→ AIM OF THE TASK: Of the entries below, return only those lines from the line with "unfolding consume async_read" to the line with "after_parse s bytes_read len out_of_fuel", exactly, both included.

[Extracted data entries]
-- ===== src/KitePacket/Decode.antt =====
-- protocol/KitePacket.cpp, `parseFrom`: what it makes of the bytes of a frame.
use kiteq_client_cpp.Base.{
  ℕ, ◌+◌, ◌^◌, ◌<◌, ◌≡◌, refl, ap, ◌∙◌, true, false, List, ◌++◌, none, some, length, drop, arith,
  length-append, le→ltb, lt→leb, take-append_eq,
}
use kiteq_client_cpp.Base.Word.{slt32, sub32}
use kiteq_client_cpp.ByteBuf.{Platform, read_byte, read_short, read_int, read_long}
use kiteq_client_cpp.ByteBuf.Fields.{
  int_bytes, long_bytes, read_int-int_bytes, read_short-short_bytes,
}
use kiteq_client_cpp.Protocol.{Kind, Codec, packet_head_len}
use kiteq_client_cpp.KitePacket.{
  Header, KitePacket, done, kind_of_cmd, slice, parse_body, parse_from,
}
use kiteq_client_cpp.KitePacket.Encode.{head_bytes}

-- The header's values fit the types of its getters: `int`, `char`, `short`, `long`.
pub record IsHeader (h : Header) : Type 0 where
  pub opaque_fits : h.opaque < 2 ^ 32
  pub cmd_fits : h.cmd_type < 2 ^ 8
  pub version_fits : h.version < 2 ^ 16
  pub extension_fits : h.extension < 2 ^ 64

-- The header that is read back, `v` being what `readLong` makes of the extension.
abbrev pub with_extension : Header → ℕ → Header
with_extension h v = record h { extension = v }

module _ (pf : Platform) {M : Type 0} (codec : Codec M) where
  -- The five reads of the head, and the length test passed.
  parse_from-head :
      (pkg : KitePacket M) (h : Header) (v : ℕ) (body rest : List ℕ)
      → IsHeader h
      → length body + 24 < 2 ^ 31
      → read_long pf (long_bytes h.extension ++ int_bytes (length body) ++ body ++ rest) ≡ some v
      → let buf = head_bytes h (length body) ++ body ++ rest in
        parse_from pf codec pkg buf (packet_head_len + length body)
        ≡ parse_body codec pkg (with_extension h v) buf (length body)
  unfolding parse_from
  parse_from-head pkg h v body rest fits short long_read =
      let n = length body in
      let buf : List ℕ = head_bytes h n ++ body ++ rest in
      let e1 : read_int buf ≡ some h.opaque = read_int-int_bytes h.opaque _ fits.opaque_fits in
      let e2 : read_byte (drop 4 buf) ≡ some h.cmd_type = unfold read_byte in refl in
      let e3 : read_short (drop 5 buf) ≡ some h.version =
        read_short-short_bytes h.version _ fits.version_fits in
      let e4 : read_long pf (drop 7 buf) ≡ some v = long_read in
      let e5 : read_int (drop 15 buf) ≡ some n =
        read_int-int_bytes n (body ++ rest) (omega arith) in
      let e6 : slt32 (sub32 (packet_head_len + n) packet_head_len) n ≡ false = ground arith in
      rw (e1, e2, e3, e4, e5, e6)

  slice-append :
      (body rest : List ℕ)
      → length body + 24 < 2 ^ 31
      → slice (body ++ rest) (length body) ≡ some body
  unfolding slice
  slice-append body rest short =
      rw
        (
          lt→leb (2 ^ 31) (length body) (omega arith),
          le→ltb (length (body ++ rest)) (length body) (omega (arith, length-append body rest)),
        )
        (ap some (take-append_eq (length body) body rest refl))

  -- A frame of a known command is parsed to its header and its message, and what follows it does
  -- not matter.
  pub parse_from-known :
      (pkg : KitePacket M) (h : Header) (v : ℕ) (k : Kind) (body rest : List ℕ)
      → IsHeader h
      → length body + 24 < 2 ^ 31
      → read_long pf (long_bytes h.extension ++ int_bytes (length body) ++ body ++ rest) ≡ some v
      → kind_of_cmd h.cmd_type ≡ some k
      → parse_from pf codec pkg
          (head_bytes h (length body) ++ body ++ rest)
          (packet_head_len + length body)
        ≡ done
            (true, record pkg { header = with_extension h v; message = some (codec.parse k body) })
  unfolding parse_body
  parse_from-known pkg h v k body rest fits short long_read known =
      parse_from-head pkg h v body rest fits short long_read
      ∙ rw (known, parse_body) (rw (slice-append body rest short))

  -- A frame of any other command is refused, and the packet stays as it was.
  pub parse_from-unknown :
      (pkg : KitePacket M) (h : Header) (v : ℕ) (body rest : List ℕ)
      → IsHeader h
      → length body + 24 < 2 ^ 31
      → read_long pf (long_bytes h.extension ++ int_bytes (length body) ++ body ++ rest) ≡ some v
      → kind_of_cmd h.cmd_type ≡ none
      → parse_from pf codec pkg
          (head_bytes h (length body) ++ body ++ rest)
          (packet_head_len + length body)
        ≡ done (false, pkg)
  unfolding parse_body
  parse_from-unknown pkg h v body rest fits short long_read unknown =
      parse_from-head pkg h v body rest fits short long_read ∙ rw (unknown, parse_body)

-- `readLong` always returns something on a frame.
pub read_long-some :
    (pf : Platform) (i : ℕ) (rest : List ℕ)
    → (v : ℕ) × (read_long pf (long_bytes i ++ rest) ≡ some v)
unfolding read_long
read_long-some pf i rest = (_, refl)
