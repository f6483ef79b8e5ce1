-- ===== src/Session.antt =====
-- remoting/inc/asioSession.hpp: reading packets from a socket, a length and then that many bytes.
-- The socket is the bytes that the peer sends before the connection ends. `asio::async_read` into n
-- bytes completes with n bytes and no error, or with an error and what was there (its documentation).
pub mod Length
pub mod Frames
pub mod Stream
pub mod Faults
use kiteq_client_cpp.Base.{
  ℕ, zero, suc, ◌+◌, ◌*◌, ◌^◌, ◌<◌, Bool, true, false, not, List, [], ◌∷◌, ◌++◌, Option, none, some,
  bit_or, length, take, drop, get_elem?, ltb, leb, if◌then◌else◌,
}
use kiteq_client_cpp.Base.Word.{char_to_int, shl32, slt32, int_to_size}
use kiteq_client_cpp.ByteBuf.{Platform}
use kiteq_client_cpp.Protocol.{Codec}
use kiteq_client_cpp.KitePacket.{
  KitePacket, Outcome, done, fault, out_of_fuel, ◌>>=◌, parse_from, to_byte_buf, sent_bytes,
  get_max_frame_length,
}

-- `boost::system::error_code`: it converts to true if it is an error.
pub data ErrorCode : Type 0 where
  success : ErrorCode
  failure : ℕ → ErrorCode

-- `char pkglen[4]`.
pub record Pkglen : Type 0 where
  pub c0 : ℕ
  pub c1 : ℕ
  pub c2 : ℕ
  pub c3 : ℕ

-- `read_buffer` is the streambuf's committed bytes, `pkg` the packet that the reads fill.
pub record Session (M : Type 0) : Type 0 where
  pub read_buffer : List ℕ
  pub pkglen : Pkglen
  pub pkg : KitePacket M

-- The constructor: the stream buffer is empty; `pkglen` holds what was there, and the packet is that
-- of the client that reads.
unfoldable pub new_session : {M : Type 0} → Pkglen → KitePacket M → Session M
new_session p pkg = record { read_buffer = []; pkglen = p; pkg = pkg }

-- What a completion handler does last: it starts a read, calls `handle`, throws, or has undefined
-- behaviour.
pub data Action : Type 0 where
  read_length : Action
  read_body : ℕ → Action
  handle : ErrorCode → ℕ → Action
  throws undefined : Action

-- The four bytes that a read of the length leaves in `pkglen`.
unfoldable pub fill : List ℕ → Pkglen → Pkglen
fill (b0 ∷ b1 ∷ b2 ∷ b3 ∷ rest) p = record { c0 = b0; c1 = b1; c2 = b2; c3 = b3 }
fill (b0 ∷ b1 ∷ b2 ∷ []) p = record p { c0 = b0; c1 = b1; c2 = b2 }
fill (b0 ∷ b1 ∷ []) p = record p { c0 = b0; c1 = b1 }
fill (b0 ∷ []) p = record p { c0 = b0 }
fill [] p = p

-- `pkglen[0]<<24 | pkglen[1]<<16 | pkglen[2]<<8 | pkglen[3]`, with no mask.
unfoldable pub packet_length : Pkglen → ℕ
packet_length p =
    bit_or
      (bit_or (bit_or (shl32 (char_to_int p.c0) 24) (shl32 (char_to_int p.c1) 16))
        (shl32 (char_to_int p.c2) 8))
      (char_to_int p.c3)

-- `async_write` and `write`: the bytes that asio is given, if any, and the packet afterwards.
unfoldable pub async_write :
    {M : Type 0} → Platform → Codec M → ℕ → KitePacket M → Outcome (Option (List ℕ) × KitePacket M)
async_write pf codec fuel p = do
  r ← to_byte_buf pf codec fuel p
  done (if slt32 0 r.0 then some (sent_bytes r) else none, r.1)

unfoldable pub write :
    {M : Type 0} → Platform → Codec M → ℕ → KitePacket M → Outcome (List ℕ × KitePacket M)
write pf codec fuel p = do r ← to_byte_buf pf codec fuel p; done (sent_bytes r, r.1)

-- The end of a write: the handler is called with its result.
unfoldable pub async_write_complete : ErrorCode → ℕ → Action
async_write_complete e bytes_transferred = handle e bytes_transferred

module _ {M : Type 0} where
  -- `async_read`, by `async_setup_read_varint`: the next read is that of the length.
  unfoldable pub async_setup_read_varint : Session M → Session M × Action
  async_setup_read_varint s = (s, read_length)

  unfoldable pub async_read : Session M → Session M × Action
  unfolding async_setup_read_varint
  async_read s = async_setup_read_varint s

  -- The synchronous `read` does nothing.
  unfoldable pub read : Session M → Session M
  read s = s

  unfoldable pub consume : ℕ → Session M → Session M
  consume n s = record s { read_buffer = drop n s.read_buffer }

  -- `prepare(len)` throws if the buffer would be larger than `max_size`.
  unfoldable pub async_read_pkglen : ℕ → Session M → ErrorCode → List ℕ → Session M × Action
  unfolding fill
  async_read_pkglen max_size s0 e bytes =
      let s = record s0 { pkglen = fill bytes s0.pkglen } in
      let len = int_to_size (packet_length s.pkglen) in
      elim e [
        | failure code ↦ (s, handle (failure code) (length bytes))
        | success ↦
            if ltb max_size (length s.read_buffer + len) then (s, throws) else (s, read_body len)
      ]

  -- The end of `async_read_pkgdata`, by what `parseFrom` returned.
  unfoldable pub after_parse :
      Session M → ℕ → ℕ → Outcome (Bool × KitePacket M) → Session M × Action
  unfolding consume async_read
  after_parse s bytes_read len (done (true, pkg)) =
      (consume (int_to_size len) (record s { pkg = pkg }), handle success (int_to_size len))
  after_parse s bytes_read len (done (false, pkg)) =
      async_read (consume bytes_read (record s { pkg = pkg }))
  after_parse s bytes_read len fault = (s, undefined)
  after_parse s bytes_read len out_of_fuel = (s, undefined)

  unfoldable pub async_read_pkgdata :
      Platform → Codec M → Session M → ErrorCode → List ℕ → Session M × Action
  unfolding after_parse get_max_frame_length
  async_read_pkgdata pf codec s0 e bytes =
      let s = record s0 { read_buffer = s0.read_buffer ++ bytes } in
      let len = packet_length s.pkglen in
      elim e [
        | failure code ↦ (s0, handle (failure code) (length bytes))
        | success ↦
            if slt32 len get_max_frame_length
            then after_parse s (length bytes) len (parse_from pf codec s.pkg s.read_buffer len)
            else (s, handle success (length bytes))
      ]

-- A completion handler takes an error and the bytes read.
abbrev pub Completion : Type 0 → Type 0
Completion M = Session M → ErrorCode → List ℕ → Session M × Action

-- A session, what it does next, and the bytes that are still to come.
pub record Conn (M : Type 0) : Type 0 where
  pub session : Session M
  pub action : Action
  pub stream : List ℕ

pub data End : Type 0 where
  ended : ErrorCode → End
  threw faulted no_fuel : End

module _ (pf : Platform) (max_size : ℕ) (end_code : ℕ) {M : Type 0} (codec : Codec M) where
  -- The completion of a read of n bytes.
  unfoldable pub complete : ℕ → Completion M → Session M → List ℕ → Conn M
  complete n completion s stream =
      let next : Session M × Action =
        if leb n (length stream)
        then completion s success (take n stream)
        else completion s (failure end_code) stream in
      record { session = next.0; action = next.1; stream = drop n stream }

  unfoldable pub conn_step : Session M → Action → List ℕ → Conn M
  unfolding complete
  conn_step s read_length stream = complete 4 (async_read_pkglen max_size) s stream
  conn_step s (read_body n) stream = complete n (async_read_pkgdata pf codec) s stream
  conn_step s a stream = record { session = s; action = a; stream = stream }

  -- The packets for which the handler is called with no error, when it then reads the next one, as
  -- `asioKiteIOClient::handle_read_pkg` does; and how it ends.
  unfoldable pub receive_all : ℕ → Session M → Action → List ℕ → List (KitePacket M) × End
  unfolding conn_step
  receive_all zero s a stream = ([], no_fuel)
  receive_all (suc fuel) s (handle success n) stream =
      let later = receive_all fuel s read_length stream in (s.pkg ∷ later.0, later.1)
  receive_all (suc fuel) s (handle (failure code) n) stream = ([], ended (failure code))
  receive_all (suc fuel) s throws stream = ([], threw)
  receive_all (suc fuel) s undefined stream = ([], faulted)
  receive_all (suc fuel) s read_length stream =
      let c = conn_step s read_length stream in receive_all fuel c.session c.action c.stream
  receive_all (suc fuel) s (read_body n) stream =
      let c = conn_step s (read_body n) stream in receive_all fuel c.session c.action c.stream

→ RESULT OF THE TASK:
  unfolding consume async_read
  after_parse s bytes_read len (done (true, pkg)) =
      (consume (int_to_size len) (record s { pkg = pkg }), handle success (int_to_size len))
  after_parse s bytes_read len (done (false, pkg)) =
      async_read (consume bytes_read (record s { pkg = pkg }))
  after_parse s bytes_read len fault = (s, undefined)
  after_parse s bytes_read len out_of_fuel = (s, undefined)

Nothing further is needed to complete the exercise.